Continued diversity efforts

NASCAR finally banned the Confederate flag in June in the wake of social and racial justice protests across the country. NASCAR president Steve Phelps said Friday that the sanctioning body had data that showed a significant majority of NASCAR fans supported the decision -- and longtime NASCAR fans were more against the move than newer NASCAR fans were.

The move to ban the flag came after Phelps publicly acknowledged that NASCAR could do better when it came to diversity and inclusion efforts. With the entrance of Michael Jordan and Pitbull as team co-owners ahead of the 2021 season, NASCAR has a marquee opportunity to continue to shed the stereotypes that have long been associated with the sport through 2021 and beyond.

"I think it was a moment in time for us back in June that seemed for us it was the right time to act," Phelps said. "I think it was the right time for our country. I think it was the right time for our sport. The response to that was fantastic."

"What we do in the areas of social justice and diversity equity inclusion is going to be authentic to who we are. May not be the right thing for the NBA, but it's going to be the right thing for us."

The NBA is, of course, largely made up of Black players. Bubba Wallace is the only Black driver racing full-time at any of NASCAR's top three levels. While representation among the driving ranks matters -- and will take a while to realize -- Phelps said NASCAR's efforts also extend to positions behind the scenes too.

"We've broken our [diversity, equality and inclusion] strategy into three pieces: what are we going to do for ourselves internally, what are we going to do as an industry, and what are we going to do with the partnerships we can secure," Phelps said. "Those things I'm proud to say are working well."

"From an internal standpoint it's supplier diversity, creating more opportunity for women and minorities in our company, in our hiring practices. It's making sure that we're doing training for all of our employees in sensitivity, unconscious bias training."

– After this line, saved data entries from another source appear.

-- ===== src/Threading/Switch.antt =====
-- The threads of threading.c and their queues: the switch, `wake`, and the steps of `sleep` and
-- `thread_exit` that come before their `yield`. `log` only prints.
use os_course_term.Common.{
  ℕ, ◌+◌, ◌^◌, ◌<◌, ◌≡◌, refl, sym, ap, subst, arith, ℕ_discrete, Bool, false, ◌==◌, if◌then◌else◌,
  List, [], ◌∷◌, ◌++◌, has, update, update_ne, update_self, ok, within, Cmd, ◌>>◌, sub64,
}
use os_course_term.LinkedList.{ListHeads, list_add_tail, list_del, list_first}
use os_course_term.LinkedList.Ring.{IsRing, list_add_tail-IsRing, list_del-IsRing, list_empty_lem}
use os_course_term.Threading.{SpinLock, SpinState, spin_lock, spin_unlock}

abbrev pub thread_running : ℕ
thread_running = 1

abbrev pub thread_sleeping : ℕ
thread_sleeping = 2

abbrev pub thread_terminated : ℕ
thread_terminated = 4

pub record Thread : Type 0 where
  pub stack_start : ℕ
  pub rsp : ℕ
  pub state : ℕ

-- The threads by their addresses, all links, and the global variables; `running_threads` and
-- `sleeping_threads` are the addresses of the list heads.
pub record Scheduler : Type 0 where
  pub threads : ℕ → Thread
  pub heads : ListHeads
  pub running_threads : ℕ
  pub sleeping_threads : ℕ
  pub current_thread : ℕ
  pub threads_mgmt_lock : SpinLock
  pub interrupts : Bool

abbrev pub SchedulerCmd : Type 0 → Type 0
SchedulerCmd A = Cmd Scheduler A

-- `&t->list`, and `UNL` back from it.
abbrev pub list_of : ℕ → ℕ
list_of t = t + 16

abbrev pub thread_of : ℕ → ℕ
thread_of p = sub64 p 16

abbrev pub with_state : (t v : ℕ) → Scheduler → Scheduler
with_state t v s = record s { threads = update s.threads t (record (s.threads t) { state = v }) }

abbrev pub enqueue : (head t : ℕ) → Scheduler → Scheduler
enqueue head t s = record s { heads = list_add_tail (list_of t) head s.heads }

abbrev pub save_rsp : ℕ → Scheduler → Scheduler
save_rsp old s = record s {
  threads = update s.threads s.current_thread (record (s.threads s.current_thread) { rsp = old });
}

-- The two `if`s on the state of the thread that is left.
pub put_back : Scheduler → Scheduler
put_back s =
    let state = (s.threads s.current_thread).state in
    let r = if state == thread_running then enqueue s.running_threads s.current_thread s else s in
    if state == thread_sleeping then enqueue r.sleeping_threads r.current_thread r else r

-- The first running thread becomes the current one and leaves its queue.
pub pick_next : Scheduler → Scheduler
pick_next s =
    let next = thread_of (list_first s.running_threads s.heads) in
    record s { current_thread = next; heads = list_del (list_of next) s.heads }

pub switch_thread_switch : ℕ → SchedulerCmd ℕ
switch_thread_switch old_rsp s =
    let r = pick_next (put_back (save_rsp old_rsp s)) in ok (r.threads r.current_thread).rsp r

abbrev pub on_mgmt : (ℕ → Cmd SpinState (Unit {0})) → SchedulerCmd (Unit {0})
on_mgmt m h =
    within (λ s. record h { threads_mgmt_lock = s.lock; interrupts = s.interrupts })
      (m h.current_thread (record { lock = h.threads_mgmt_lock; interrupts = h.interrupts }))

-- `thread_exit` and `sleep` up to their `yield`.
pub set_current_state : ℕ → SchedulerCmd (Unit {0})
set_current_state v = do
  on_mgmt spin_lock
  λ s. ok tt (with_state s.current_thread v s)
  on_mgmt spin_unlock

pub get_thread_state : ℕ → SchedulerCmd ℕ
get_thread_state t s = ok (s.threads t).state s

-- The body of the `if` in `wake`.
pub make_running : ℕ → Scheduler → Scheduler
make_running t s =
    let r = with_state t thread_running s in
    enqueue r.running_threads t (record r { heads = list_del (list_of t) r.heads })

pub wake : ℕ → SchedulerCmd (Unit {0})
wake t = do
  on_mgmt spin_lock
  λ s. ok tt (if (s.threads t).state == thread_sleeping then make_running t s else s)
  on_mgmt spin_unlock

put_back-running :
    (s : Scheduler)
    → (s.threads s.current_thread).state ≡ thread_running
    → put_back s ≡ enqueue s.running_threads s.current_thread s
unfolding put_back
put_back-running s running = rw running refl

pick_next-first :
    (s : Scheduler) (t : ℕ) (xs : List ℕ)
    → IsRing s.heads s.running_threads (list_of t ∷ xs)
    → t + 16 < 2 ^ 64
    → pick_next s ≡ record s { current_thread = t; heads = list_del (list_of t) s.heads }
unfolding pick_next
pick_next-first s t xs v small =
    let front : list_first s.running_threads s.heads ≡ list_of t =
      (list_empty_lem s.heads s.running_threads (list_of t) xs v).1 in
    let back : thread_of (list_of t) ≡ t = omega arith in rw (front, back) refl

-- What a switch to thread `t` leaves, of a queue of `t` and `xs`.
pub record IsSwitched (s : Scheduler) (old_rsp t : ℕ) (xs : List ℕ) (s' : Scheduler) : Type 0 where
  pub current : s'.current_thread ≡ t
  pub saved : (s'.threads s.current_thread).rsp ≡ old_rsp
  pub queue : s'.running_threads ≡ s.running_threads
  pub ring : IsRing s'.heads s.running_threads (xs ++ list_of s.current_thread ∷ [])
  pub apart : has (list_of t) (s.running_threads ∷ xs ++ list_of s.current_thread ∷ []) ≡ false
  pub states : (u : ℕ) → (s'.threads u).state ≡ (s.threads u).state

-- A thread that is still running goes to the end of the queue, and the first thread of the queue is
-- the current one from now on, and runs from where it left its stack.
pub switch-IsRoundRobin :
    (s : Scheduler) (old_rsp t : ℕ) (xs : List ℕ)
    → IsRing s.heads s.running_threads (list_of t ∷ xs)
    → has (list_of s.current_thread) (s.running_threads ∷ list_of t ∷ xs) ≡ false
    → (s.threads s.current_thread).state ≡ thread_running
    → t + 16 < 2 ^ 64
    → (s' : Scheduler) × (switch_thread_switch old_rsp s ≡ ok (s.threads t).rsp s')
      × IsSwitched s old_rsp t xs s'
unfolding switch_thread_switch
switch-IsRoundRobin s old_rsp t xs v out running small =
    let saved : Scheduler = save_rsp old_rsp s in
    let me : ℕ = s.current_thread in
    let kept = update_self s.threads me (record (s.threads me) { rsp = old_rsp }) in
    let still : (saved.threads me).state ≡ thread_running =
      subst (λ (t : Thread). t.state ≡ thread_running) (sym kept) running in
    let queued : Scheduler = enqueue s.running_threads me saved in
    let ring = list_add_tail-IsRing s.heads (list_of me) s.running_threads (list_of t ∷ xs) v out in
    let other = update_ne s.threads me (record (s.threads me) { rsp = old_rsp }) t (ground arith) in
    let opened = put_back-running saved still in
    let picked = pick_next-first queued t (xs ++ list_of me ∷ []) ring small in
    (
      record queued { current_thread = t; heads = list_del (list_of t) queued.heads },
      rw (opened, picked, other) refl,
      record {
        current = refl;
        saved = rw kept refl;
        queue = refl;
        ring =
            list_del-IsRing queued.heads s.running_threads (list_of t) [] (xs ++ list_of me ∷ [])
              ring;
        apart = ground (arith, ring.distinct);
        states = λ u. elim (ℕ_discrete u me) [
          | yes e ↦ rw (e, kept) refl
          | no ne ↦
              ap (λ (w : Thread). w.state)
                (update_ne s.threads me (record (s.threads me) { rsp = old_rsp }) u ne)
        ];
      },
    )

Marquee free agents … again

A lot of drivers had contracts that expired at the end of the 2020 season. And while the 2020 free agency process was relatively quiet, a few of those drivers signed one-year deals and are set to be free agents again after the season.

Brad Keselowski re-upped for one season at Team Penske while Alex Bowman’s contract with Hendrick Motorsports is for just one season. Matt DiBenedetto kept his ride with the Wood Brothers, but his extension with the Penske satellite team is also only through 2021. And same goes for Aric Almirola at Stewart-Haas Racing

What will the market look like as 2022 approaches? That’s hard to figure out, especially as the pandemic looms, teams spend to develop the new car and television ratings (hopefully for NASCAR’s sake) stay stable. The high-dollar driver salaries of the mid-2000s may never come back. But unless there are teams willing to spend to attract established Cup Series drivers, it’s hard for drivers with expiring contracts to improve their situations.

More changes to the schedule?

Is the 2021 schedule a jumping off point for more radical changes in the future?

NASCAR made its most significant changes to the Cup Series schedule ahead of 2021. The Cup Series now goes to tracks like Nashville Superspeedway and Circuit of the Americas in Austin while the Brickyard 400 on the Indianapolis oval has been ditched for a race on the Indianapolis road course.

Fans have been clamoring for more Cup Series road courses for some time. And with the substitution of the Daytona road course for Auto Club Speedway as a temporary 2021 fill-in, seven of the 36 points races on the Cup schedule are at road courses.

Will NASCAR continue to have more than a handful of road courses going forward? Will it add more short tracks? With the introduction of dirt at Bristol for the spring race, there are just five paved tracks under a mile on the Cup Series schedule in 2021. If road courses were the big addition to the 2021 schedule, short tracks should be the next addition in 2022.